所以如果目标环境没有对应的数据库的话,不需要加-e参数,否则会报错。  
表级恢复也不要使用-e。  

.2. 如果 gpcrondump 时使用了-C 参数, 则恢复时会先执行DROP TABLE再执行建表的动作。
.3. 如果 gpcrondump 时没有使用 -C 参数,参数恢复时想先清理数据的话,可以使用gpdbrestore的--truncate参数
(--truncate只能是表级恢复模式下使用, 即与-T . 或 --table-file 一同使用)
.4. Greenplum不允许删除模板库, 所以如果使用-e恢复模板库,会报错。 解决方法是改gpcrondump代码,对于模板库特殊处理,例如drop schema的方式清理模板库, 跳过模板库的DROP database报错以及create database 报错。

本节用到的 gpdbrestore 参数介绍

-a (do not prompt) 

 Do not prompt the user for confirmation.

-b <YYYYMMDD> 

 Looks for dump files in the segment data directories on the Greenplum 
 Database array of hosts in db_dumps/<YYYYMMDD>.

-d <master_data_directory>

 Optional. The master host data directory. If not specified, the value 
 set for $MASTER_DATA_DIRECTORY will be used. 
 
-e (drop target database before restore) 

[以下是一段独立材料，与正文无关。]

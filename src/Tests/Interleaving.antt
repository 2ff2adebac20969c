-- ===== src/Tests/Interleaving.antt =====
-- Two calls that open a connection under one id at the same time.
use querylynx.Base.{[], ◌∷◌, ◌≡◌, refl, ok}
use querylynx.Base.Int.{pos}
use querylynx.Strings.{Text, codes}
use querylynx.Context.{background}
use querylynx.Connector.{Config}
use querylynx.Executor.{new_service, register_connection}
use querylynx.Executor.Interleaving.{
  Calls, here, there, make_connector, register, idle, Runs, stay, then,
}
use querylynx.Executor.Interleaving.Leaks.{IsAccounted, Runs-IsAccounted}
use querylynx.Tests.Executor.{Counting, counting, none_live, counting_pools, none_is_open}
use querylynx.Tests.Running.{run_executor}

abbrev cfg : Config
cfg = record { dsn = codes "x"; row_cap = pos 0 }

abbrev id : Text
id = codes "a"

abbrev one_made : Calls Counting
one_made = record (idle new_service none_live) {
  world = (counting.new background none_live cfg).1;
  opening = (id, 0) ∷ [];
}

abbrev both_made : Calls Counting
both_made = record one_made {
  world = (counting.new background one_made.world cfg).1;
  opening = (id, 1) ∷ (id, 0) ∷ [];
}

abbrev first_registered : Calls Counting
first_registered = record both_made {
  service = (register_connection counting both_made.service id (ok 0, both_made.world)).1;
  world = (register_connection counting both_made.service id (ok 0, both_made.world)).2;
  opening = (id, 1) ∷ [];
}

abbrev both_registered : Calls Counting
both_registered = record first_registered {
  service =
      (register_connection counting first_registered.service id (ok 1, first_registered.world)).1;
  world =
      (register_connection counting first_registered.service id (ok 1, first_registered.world)).2;
  opening = [];
}

interleaved : Runs counting (idle new_service none_live) both_registered
unfolding run_executor
interleaved =
    then (make_connector id 0 one_made.world background (codes "postgres") (codes "x") refl refl) (
      then (make_connector id 1 both_made.world background (codes "postgres") (codes "x") refl refl)
        (then (register id 0 ((id, 1) ∷ []) (there here)) (then (register id 1 [] here) stay)))

both_registered_conns : both_registered.service.conns ≡ (id, 1) ∷ []
unfolding run_executor register_connection
both_registered_conns = refl

Runs-IsAccounted_example :
    IsAccounted counting_pools both_registered.service both_registered.world both_registered.opening
Runs-IsAccounted_example =
    Runs-IsAccounted counting_pools none_live both_registered none_is_open interleaved
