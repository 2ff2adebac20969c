-- ===== src/Tests/Llm.antt =====
-- Providers and keys.
use querylynx.Utf8.{Bytes}
use querylynx.Context.{background}
use querylynx.Llm.Generate.{Http, Decoder, request, generate}
use querylynx.Llm.Generate.Answers.{Says, Carries, generate_iff, request-Carries}
use querylynx.Base.{ℕ, suc, ◌↔◌, ◌∷◌, ◌≤◌, ◌≡◌, refl, [], ok, err, length}
use querylynx.Strings.{codes}
use querylynx.Llm.{
  Config, Settings, openai, anthropic, new_provider, default_model_id, default_url, redact_key,
  coming_soon,
}
use querylynx.Llm.Laws.{IsConfigured, new_provider-IsConfigured, redact_key-hides}
use querylynx.Tests.Running.{run_executor, run_generate}

abbrev cfg : Config
cfg = record { api_key = codes "sk-1234"; model_id = [] }

abbrev settings : Settings
settings = record {
  vendor = openai;
  api_key = codes "sk-1234";
  model_id = default_model_id openai;
  base_url = default_url openai;
}

new_provider_openai : new_provider (codes "openai") cfg ≡ ok settings
unfolding run_executor
new_provider_openai = refl

new_provider-IsConfigured_example : IsConfigured (codes "openai") cfg settings
new_provider-IsConfigured_example =
    new_provider-IsConfigured (codes "openai") cfg new_provider_openai

new_provider_gemini : new_provider (codes "gemini") cfg ≡ err (coming_soon (codes "gemini"))
unfolding run_executor
new_provider_gemini = refl

redact_key-hides_example :
    (redact_key (codes "sk-1234") ≡ redact_key (codes "sk-1999999"))
    × (length (redact_key (codes "sk-1234")) ≤ 7)
redact_key-hides_example =
    redact_key-hides (codes "sk-1234") (codes "sk-1999999") (λ long. refl) refl

-- An exchange that answers with one block of text between two others.
abbrev web : Http ℕ
web = record { exchange = λ ctx r w. (ok (200, codes "body"), suc w) }

abbrev decoder : Decoder
decoder = record {
  blocks = λ body. ok (
      record { kind = codes "text"; text = codes "SELECT" }
      ∷ record { kind = codes "tool_use"; text = codes "x" }
      ∷ record { kind = codes "text"; text = codes " 1" }
      ∷ []);
  choices = λ body. ok [];
}

abbrev claude : Settings
claude = record settings { vendor = anthropic }

generate_claude : generate web decoder claude background 0 (codes "hi") ≡ (ok (codes "SELECT 1"), 1)
unfolding run_generate
generate_claude = refl

generate_no_choices :
    generate web decoder settings background 0 (codes "hi")
    ≡ (err (codes "openai: response contained no choices"), 1)
unfolding run_generate
generate_no_choices = refl

request_quoted :
    (request settings (codes "a \"b\"\n<")).body
    ≡ codes
        "{\"messages\":[{\"content\":\"a \\\"b\\\"\\n\\u003c\",\"role\":\"user\"}],\"model\":\"gpt-4o-mini\"}"
unfolding run_generate
request_quoted = refl

generate_iff_example :
    ((generate web decoder claude background 0 (codes "hi")).0 ≡ ok (codes "SELECT 1")) ↔ (
      (body : Bytes) × ((web.exchange background (request claude (codes "hi")) 0).0
        ≡ ok (200, body))
      × Says decoder anthropic body (codes "SELECT 1"))
generate_iff_example = generate_iff web decoder claude background 0 (codes "hi") (codes "SELECT 1")

request-Carries_example :
    ((request settings (codes "\"hi\"")).url ≡ default_url openai)
    × Carries (codes "\"hi\"") (request settings (codes "\"hi\"")).body
    × ((request (record settings { api_key = codes "other" }) (codes "\"hi\"")).body
        ≡ (request settings (codes "\"hi\"")).body)
request-Carries_example = request-Carries settings (codes "\"hi\"") (codes "other")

 Drops the target database before doing the restore and then recreates 
 it. 

-G [include|only]

 Restores global objects such as roles and tablespaces if the global 
 object dump file db_dumps/<date>/gp_global_1_1_<timestamp> is found in 
 the master data directory.

 Specify either "-G only" to only restore the global objects dump file
 or "-G include" to restore global objects along with a normal restore.
 Defaults to "include" if neither argument is provided.

-l <logfile_directory>

 The directory to write the log file. Defaults to ~/gpAdminLogs. 

-m (restore metadata only)

 Performs a restore of database metadata (schema and table definitions, SET
 statements, and so forth) without restoring data.  If the --restore-stats or
 -G options are provided as well, statistics or globals will also be restored.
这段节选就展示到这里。